The large woman was waiting for an answer. She had a look on her face that suggested she wouldn’t settle for any nonsense.
Britta looked over at Dr Reedy. She was resolutely staring ahead, not paying any attention to how Britta was dealing with the riled-up mob. Had she planned this? If she had, what was the point? Britta was already on the payroll. Anything Dr Reedy wanted to know, she could just ask.
Or did she think Britta was holding out on her, too? The game had blocked them from seeing certain things, but Britta had no control over that.

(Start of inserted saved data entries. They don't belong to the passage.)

-- ===== src/EidPatterns/Ipn/Merge/Union.antt =====
-- Merging keeps the numbers that the intervals hold, and leaves gaps between them.
use hardy.Prelude.{
  ℕ, ◌+◌, ◌≤◌, max, ◌≡◌, refl, ap, ◌∙◌, List, [], ◌∷◌, Bool, true, false, ◌||◌, arith, leb, any,
  map, Bool-cases, inl, inr,
}
use hardy.EidPatterns.Ipn.Interval.{Span, IpnInterval, number, range, contains}
use hardy.EidPatterns.Ipn.Interval
use hardy.EidPatterns.Ipn.Component
use hardy.EidPatterns.Ipn.Component.{IpnPattern}
use hardy.EidPatterns.Ipn.Merge.{
  insert, sort_by_start, saturating_suc, merge, close, collapse, merge_sorted, range_of, IsSpan,
  AllSpans,
}

-- The union of the intervals
abbrev pub covers : List Span → ℕ → Bool
covers l v = any l (λ r. contains r v)

abbrev SortedFrom : ℕ → List Span → Type 0
SortedFrom lo [] = Unit
SortedFrom lo (x ∷ xs) = (lo ≤ x.start) × SortedFrom x.start xs

-- Intervals in ascending order with a number between any two, from `lo` on.
abbrev pub SeparatedFrom : ℕ → List Span → Type 0
SeparatedFrom lo [] = Unit
SeparatedFrom lo (x ∷ xs) = (lo ≤ x.start) × IsSpan x × SeparatedFrom (x.end + 2) xs

covers-insert :
    (x : Span) (l : List Span) (v : ℕ) → covers (insert x l) v ≡ (contains x v || covers l v)
unfolding insert
covers-insert x [] v = refl
covers-insert x (y ∷ ys) v = ground (arith, covers-insert x ys v)

covers-sort : (l : List Span) (v : ℕ) → covers (sort_by_start l) v ≡ covers l v
unfolding sort_by_start
covers-sort [] v = refl
covers-sort (x ∷ xs) v =
    covers-insert x (sort_by_start xs) v ∙ ap (λ b. contains x v || b) (covers-sort xs v)

AllSpans-insert : (x : Span) (l : List Span) → IsSpan x → AllSpans l → AllSpans (insert x l)
unfolding insert
AllSpans-insert x [] hx h = (hx, tt)
AllSpans-insert x (y ∷ ys) hx h = ground (arith, AllSpans-insert x ys hx)

AllSpans-sort : (l : List Span) → AllSpans l → AllSpans (sort_by_start l)
unfolding sort_by_start
AllSpans-sort [] h = tt
AllSpans-sort (x ∷ xs) (hx, h) = AllSpans-insert x (sort_by_start xs) hx (AllSpans-sort xs h)

SortedFrom-insert :
    (lo : ℕ) (x : Span) (l : List Span)
    → lo ≤ x.start
    → SortedFrom lo l
    → SortedFrom lo (insert x l)
unfolding insert
SortedFrom-insert lo x [] hx h = (hx, tt)
SortedFrom-insert lo x (y ∷ ys) hx (hy, h) = elim (Bool-cases (leb x.start y.start)) [
  | inl le ↦ rw le (hx, (ground arith, h))
  | inr gt ↦ rw gt (hy, SortedFrom-insert y.start x ys (ground arith) h)
]

SortedFrom-sort : (l : List Span) → SortedFrom 0 (sort_by_start l)
unfolding sort_by_start
SortedFrom-sort [] = tt
SortedFrom-sort (x ∷ xs) =
    SortedFrom-insert 0 x (sort_by_start xs) (omega arith) (SortedFrom-sort xs)

SortedFrom-weaken : (lo lo' : ℕ) (l : List Span) → lo ≤ lo' → SortedFrom lo' l → SortedFrom lo l
SortedFrom-weaken lo lo' [] le h = tt
SortedFrom-weaken lo lo' (x ∷ xs) le h = (omega arith, h.1)

SeparatedFrom-weaken :
    (lo lo' : ℕ) (l : List Span) → lo ≤ lo' → SeparatedFrom lo' l → SeparatedFrom lo l
SeparatedFrom-weaken lo lo' [] le h = tt
SeparatedFrom-weaken lo lo' (x ∷ xs) le h = (omega arith, h.1, h.2)

-- Two intervals that overlap or touch, as one.
abbrev join : Span → Span → Span
join c x = record { start = c.start; end = max c.end x.end }

join-IsSpan : (c x : Span) → IsSpan c → IsSpan x → IsSpan (join c x)
join-IsSpan c x hc hx = omega arith

contains-join :
    (c x : Span) (v : ℕ)
    → IsSpan c
    → IsSpan x
    → c.start ≤ x.start
    → leb x.start (saturating_suc c.end) ≡ true
    → contains (join c x) v ≡ (contains c v || contains x v)
contains-join c x v hc hx lo near = ground arith

gap : (c x : Span) → IsSpan x → leb x.start (saturating_suc c.end) ≡ false → c.end + 2 ≤ x.start
gap c x hx far = ground arith

or_assoc : (a b c : Bool) → ((a || b) || c) ≡ (a || (b || c))
or_assoc a b c = ground arith

covers-merge :
    (c : Span) (l : List Span) (v : ℕ)
    → IsSpan c
    → AllSpans l
    → SortedFrom c.start l
    → covers (merge c l) v ≡ (contains c v || covers l v)
unfolding merge
covers-merge c [] v hc h s = refl
covers-merge c (x ∷ xs) v hc (hx, h) (lo, s) =
    elim (Bool-cases (leb x.start (saturating_suc c.end))) [
      | inl near ↦
          rw (near, merge)
            (covers-merge (join c x) xs v (join-IsSpan c x hc hx) h
                (SortedFrom-weaken c.start x.start xs lo s)
              ∙ ap (λ b. b || covers xs v) (contains-join c x v hc hx lo near)
              ∙ or_assoc (contains c v) (contains x v) (covers xs v))
      | inr far ↦ rw (far, merge) (ap (λ b. contains c v || b) (covers-merge x xs v hx h s))
    ]

merge-SeparatedFrom :
    (c : Span) (l : List Span)
    → IsSpan c
    → AllSpans l
    → SortedFrom c.start l
    → SeparatedFrom c.start (merge c l)
unfolding merge
merge-SeparatedFrom c [] hc h s = (omega arith, hc, tt)
merge-SeparatedFrom c (x ∷ xs) hc (hx, h) (lo, s) =
    elim (Bool-cases (leb x.start (saturating_suc c.end))) [
      | inl near ↦
          rw (near, merge)
            (merge-SeparatedFrom (join c x) xs (join-IsSpan c x hc hx) h
              (SortedFrom-weaken c.start x.start xs lo s))
      | inr far ↦
          rw (far, merge)
            (
              omega arith,
              hc,
              SeparatedFrom-weaken (c.end + 2) x.start (merge x xs) (gap c x hx far)
                  (merge-SeparatedFrom x xs hx h s),
            )
    ]

covers-merge_sorted :
    (l : List Span) (v : ℕ) → AllSpans l → SortedFrom 0 l → covers (merge_sorted l) v ≡ covers l v
unfolding merge_sorted
covers-merge_sorted [] v h s = refl
covers-merge_sorted (x ∷ xs) v (hx, h) (lo, s) = covers-merge x xs v hx h s

merge_sorted-SeparatedFrom :
    (l : List Span) → AllSpans l → SortedFrom 0 l → SeparatedFrom 0 (merge_sorted l)
unfolding merge_sorted
merge_sorted-SeparatedFrom [] h s = tt
merge_sorted-SeparatedFrom (x ∷ xs) (hx, h) (lo, s) =
    SeparatedFrom-weaken 0 x.start (merge x xs) lo (merge-SeparatedFrom x xs hx h s)

-- The merged form of a list of intervals.
abbrev pub merged : List Span → List Span
merged l = merge_sorted (sort_by_start l)

pub covers-merged : (l : List Span) (v : ℕ) → AllSpans l → covers (merged l) v ≡ covers l v
covers-merged l v h =
    covers-merge_sorted (sort_by_start l) v (AllSpans-sort l h) (SortedFrom-sort l)
    ∙ covers-sort l v

pub merged-SeparatedFrom : (l : List Span) → AllSpans l → SeparatedFrom 0 (merged l)
merged-SeparatedFrom l h =
    merge_sorted-SeparatedFrom (sort_by_start l) (AllSpans-sort l h) (SortedFrom-sort l)

matches-close : (r : Span) (v : ℕ) → IsSpan r → Interval.matches (close r) v ≡ contains r v
unfolding close Interval.matches
matches-close r v h = ground arith

matches-close_all :
    (lo : ℕ) (l : List Span) (v : ℕ)
    → SeparatedFrom lo l
    → any (map close l) (λ i. Interval.matches i v) ≡ covers l v
matches-close_all lo [] v h = refl
matches-close_all lo (x ∷ xs) v (_, hx, h) =
    rw (matches-close x v hx) (ap (λ b. contains x v || b) (matches-close_all (x.end + 2) xs v h))

or_false : (b : Bool) → (b || false) ≡ b
or_false true = refl
or_false false = refl

matches-collapse :
    (l : List IpnInterval) (v : ℕ)
    → Component.matches (collapse l) v ≡ any l (λ i. Interval.matches i v)
unfolding collapse Component.matches
matches-collapse [] v = refl
matches-collapse (number n ∷ []) v = unfold Interval.matches in rw or_false
matches-collapse (number n ∷ i ∷ l) v = refl
matches-collapse (range r ∷ l) v = refl

-- Sorting, merging and collapsing a list of intervals keeps the numbers that it matches: the pattern
-- of `[i1,...,in]` matches exactly the numbers that lie in one of the intervals.
pub matches-range_of :
    (l : List Span) (v : ℕ) → AllSpans l → Component.matches (range_of l) v ≡ covers l v
unfolding range_of
matches-range_of l v h =
    matches-collapse (map close (merged l)) v
    ∙ matches-close_all 0 (merged l) v (merged-SeparatedFrom l h)
    ∙ covers-merged l v h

Britta turned and looked at Dad. He was sitting up in his chair, arms folded, eyes scanning the crowd. He hadn’t said anything or tried to intervene, but he was very alert, which was unusual for him. Their eyes met and he smiled ever so slightly, adding a little nod.
He wanted her to do this on her own. It was nice that he had faith in her to cope, but she wouldn’t have minded a little help. But she knew he was right. This was the kind of situation you could learn a lot from.
In fact, her whole reason for wanting to get better at the game was so she could face something like this without losing her nerve. It was just an encounter with a troll.
“Sorry,” said Britta, “I didn’t catch your name.”
The large woman, who was by no means fat—she looked like she went to the gym a lot, mostly to intimidate skinny men ( a perfectly reasonable hobby)—put her hands on her hips like she was a superhero.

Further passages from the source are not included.